*** Begin section ***
-- ===== src/Pgcluster/Health/Cluster.antt =====
-- `HealthCheck` of pgcluster/health.go and what it says of the calls that follow.
use mathlib.Core.Option.{some-injective}
use svckit.Base.{
  ℕ, zero, suc, ◌+◌, ◌≡◌, refl, ap, sym, subst, ◌∙◌, true, false, not, ◌&&◌, List, [], ◌∷◌, Option,
  none, some, if◌then◌else◌, arith, Bool-cases, inl, inr, ◌⊎◌, ◌↔◌, All, get_elem?, ok, err,
  &&-parts,
}
use svckit.Base.Run.{Run, done, blocked, ◌>>=◌, >>=-eq-done, done-injective}
use svckit.Base.Text.{is_some}
use svckit.Pgcluster.Node.{DatabaseNode, ClusterConfig, ClusterManager, is_healthy, is_writer}
use svckit.Pgcluster.Connect.{has_healthy_nodes}
use svckit.Pgcluster.Connect.Laws.{IsSound}
use svckit.Pgcluster.Health.{
  Checkup, checked_recently, HealthCheckError, no_healthy_nodes, no_healthy_writer,
  check_node_health, perform_health_checks, health_check, writer_healthy,
}
use svckit.Pgcluster.Health.Laws.{
  check_node_health_skips, check_node_health_blocks, check_node_health_pings, false-true,
  check_node_health-IsSound,
}
use svckit.Pgcluster.Routing.{writer, is_circuit_open}
use svckit.Pgcluster.Routing.Laws.{FirstWriter, NoWriter, writer_first, writer-none}

-- A round of checks that ends leaves every node sound.
perform_health_checks-IsSound :
    (c : ClusterConfig) (xs : ℕ → Checkup) (i : ℕ) (nodes ns : List DatabaseNode)
    → All IsSound nodes
    → perform_health_checks c xs i nodes ≡ done ns
    → All IsSound ns
unfolding perform_health_checks
perform_health_checks-IsSound c xs i [] ns s e = subst (All IsSound) (done-injective e) tt
perform_health_checks-IsSound c xs i (n ∷ nodes) ns s e =
    let (n', e1, rest) = >>=-eq-done (check_node_health c (xs i) n) _ e in
    let (ns', e2, last) = >>=-eq-done (perform_health_checks c xs (suc i) nodes) _ rest in
    subst (All IsSound) (done-injective last) (
      check_node_health-IsSound c (xs i) n n' s.0 e1,
      perform_health_checks-IsSound c xs (suc i) nodes ns' s.1 e2,
    )

-- A sound list with a healthy writer has a first node that can take writes, and this has a pool;
-- one without has no node that can.
first_writer :
    (ns : List DatabaseNode)
    → All IsSound ns
    → writer_healthy ns ≡ true
    → (k : ℕ) × (n : DatabaseNode) × FirstWriter k n ns × (is_some n.sql_db ≡ true)
unfolding writer_healthy
first_writer [] s h = absurd (cc)
first_writer (n ∷ ns) s h = elim (Bool-cases (is_healthy n.health && is_writer n.role)) [
  | inl t ↦ let pool = s.0.0 (&&-parts _ _ t).0 in (0, n, (refl, ground arith), pool)
  | inr f ↦
      let (k, m, first, pool) = first_writer ns s.1 (ground arith) in
      (suc k, m, (ground arith, first), pool)
]

no_writer : (ns : List DatabaseNode) → writer_healthy ns ≡ false → NoWriter ns
unfolding writer_healthy
no_writer [] h = tt
no_writer (n ∷ ns) h = (ground arith, no_writer ns (ground arith))

writer_healthy-has_healthy_nodes :
    (ns : List DatabaseNode) → writer_healthy ns ≡ true → has_healthy_nodes ns ≡ true
unfolding writer_healthy has_healthy_nodes
writer_healthy-has_healthy_nodes [] h = h
writer_healthy-has_healthy_nodes (n ∷ ns) h = ground (arith, writer_healthy-has_healthy_nodes ns)

verdict : List DatabaseNode → Option HealthCheckError
verdict ns =
    if not (has_healthy_nodes ns)
    then some no_healthy_nodes
    else (if not (writer_healthy ns) then some no_healthy_writer else none)

verdict_lem : (ns : List DatabaseNode) → is_some (verdict ns) ≡ not (writer_healthy ns)
unfolding verdict
verdict_lem ns = ground (arith, writer_healthy-has_healthy_nodes ns)

-- A health check that ends leaves sound nodes, and reports no error exactly if a node is a healthy
-- writer.
health_check_lem :
    (c : ClusterConfig) (xs : ℕ → Checkup) (nodes ns : List DatabaseNode)
    (e : Option HealthCheckError)
    → All IsSound nodes
    → health_check c xs nodes ≡ done (ns, e)
    → All IsSound ns × (is_some e ≡ not (writer_healthy ns))
unfolding health_check verdict
health_check_lem c xs nodes ns e s h =
    let (ns', e1, last) = >>=-eq-done (perform_health_checks c xs 0 nodes) _ h in
    let same = done-injective last in
    (
      subst (All IsSound) (ap (λ p. p.0) same)
          (perform_health_checks-IsSound c xs 0 nodes ns' s e1),
      subst (λ p. is_some p.1 ≡ not (writer_healthy p.0)) same (verdict_lem ns'),
    )

some_of {ℓ} : {A : Type ℓ} (o : Option A) → is_some o ≡ true → (a : A) × (o ≡ some a)
some_of none h = absurd (cc)
some_of (some a) h = (a, refl)

none_of {ℓ} : {A : Type ℓ} (o : Option A) → is_some o ≡ false → o ≡ none
none_of none h = refl
none_of (some a) h = absurd (cc)

err-ok {ℓ κ} : {E : Type ℓ} {A : Type κ} {e : E} {a : A} → err e ≡ ok a → ⊥
err-ok h = cc

closed :
    (cm : ClusterManager) (ns : List DatabaseNode) (now : ℕ)
    → (is_circuit_open now cm).1 ≡ false
    → (is_circuit_open now (record cm { nodes = ns })).1 ≡ false
unfolding is_circuit_open
closed cm ns now h = ground arith

-- After a health check that ends, with the breaker letting calls through, the check reported no
-- error exactly if the next `Writer` returns a pool.
pub health_check-writer :
    (now : ℕ) (xs : ℕ → Checkup) (cm : ClusterManager) (ns : List DatabaseNode)
    (e : Option HealthCheckError)
    → All IsSound cm.nodes
    → (is_circuit_open now cm).1 ≡ false
    → health_check cm.config xs cm.nodes ≡ done (ns, e)
    → (e ≡ none) ↔ ((db : ℕ) × ((writer now (record cm { nodes = ns })).1 ≡ ok (some db)))
health_check-writer now xs cm ns e s c h =
    let (sound, agrees) = health_check_lem cm.config xs cm.nodes ns e s h in
    let cm' = record cm { nodes = ns } in
    elim (Bool-cases (writer_healthy ns)) [
      | inl w ↦
          let (k, n, first, pool) = first_writer ns sound w in
          let (db, q) = some_of n.sql_db pool in
          (
            λ _.
                (db, ap (λ r. r.1) (writer_first now cm' k n (closed cm ns now c) first) ∙ ap ok q),
            λ _. none_of e (agrees ∙ ap not w),
          )
      | inr w ↦ (
        λ q. absurd (false-true (sym (ap is_some q) ∙ agrees ∙ ap not w)),
        λ (db, q). absurd (
            err-ok (
              sym (ap (λ r. r.1) (writer-none now cm' (closed cm ns now c) (no_writer ns w))) ∙ q)),
      )
    ]

check_ends_or_blocks :
    (c : ClusterConfig) (x : Checkup) (n : DatabaseNode)
    → ((m : DatabaseNode) × (check_node_health c x n ≡ done m))
      ⊎ (check_node_health c x n ≡ blocked)
check_ends_or_blocks c x n = elim (Bool-cases (checked_recently x n)) [
  | inl r ↦ inl (n, check_node_health_skips c x n r)
  | inr r ↦ elim (Bool-cases (is_some n.sql_db)) [
    | inl q ↦ inl (_, check_node_health_pings c x n r q)
    | inr q ↦ inr (check_node_health_blocks c x n r q)
  ]
]

blocked-bind {ℓ κ} :
    {A : Type ℓ} {B : Type κ} {m : Run A} (f : A → Run B) → m ≡ blocked → (m >>= f) ≡ blocked
blocked-bind f h = ap (λ r. r >>= f) h

done-bind {ℓ κ} :
    {A : Type ℓ} {B : Type κ} {m : Run A} {a : A} {b : Run B} (f : A → Run B)
    → m ≡ done a
    → f a ≡ b
    → (m >>= f) ≡ b
done-bind f h e = ap (λ r. r >>= f) h ∙ e

perform_health_checks_hangs :
    (c : ClusterConfig) (xs : ℕ → Checkup) (i j k : ℕ) (nodes : List DatabaseNode)
    (n : DatabaseNode)
    → get_elem? nodes k ≡ some n
    → n.sql_db ≡ none
    → j ≡ i + k
    → checked_recently (xs j) n ≡ false
    → perform_health_checks c xs i nodes ≡ blocked
unfolding perform_health_checks
perform_health_checks_hangs c xs i j k [] n g p q r = absurd (cc)
perform_health_checks_hangs c xs i j zero (x ∷ nodes) n g p q r =
    let same = some-injective x n g in
    let here = subst (λ a. checked_recently (xs a) n ≡ false) (q ∙ omega arith) r in
    blocked-bind _ (
      check_node_health_blocks c (xs i) x
        (subst (λ m. checked_recently (xs i) m ≡ false) (sym same) here)
        (ap (λ m. is_some m.sql_db) same ∙ ap is_some p))
perform_health_checks_hangs c xs i j (suc k) (x ∷ nodes) n g p q r =
    elim (check_ends_or_blocks c (xs i) x) [
      | inr b ↦ blocked-bind _ b
      | inl (m, e) ↦ done-bind _ e (
          blocked-bind _ (perform_health_checks_hangs c xs (suc i) j k nodes n g p (omega arith) r))
    ]

-- One node without a pool, last checked at least 10 s ago, is enough for a health check to hang,
-- whatever the other nodes are.
pub health_check_hangs :
    (c : ClusterConfig) (xs : ℕ → Checkup) (k : ℕ) (nodes : List DatabaseNode) (n : DatabaseNode)
    → get_elem? nodes k ≡ some n
    → n.sql_db ≡ none
    → checked_recently (xs k) n ≡ false
    → health_check c xs nodes ≡ blocked
unfolding health_check
health_check_hangs c xs k nodes n g p r =
    blocked-bind _ (perform_health_checks_hangs c xs 0 k k nodes n g p (omega arith) r)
*** End section ***
_Assigned task_: Reproduce, exactly as they stand in the data above, the lines from the one that holds "health_check_lem c xs" to the one that holds "subst (All IsSound) (ap", inclusive.

_Answer to the exercise_:
health_check_lem c xs nodes ns e s h =
    let (ns', e1, last) = >>=-eq-done (perform_health_checks c xs 0 nodes) _ h in
    let same = done-injective last in
    (
      subst (All IsSound) (ap (λ p. p.0) same)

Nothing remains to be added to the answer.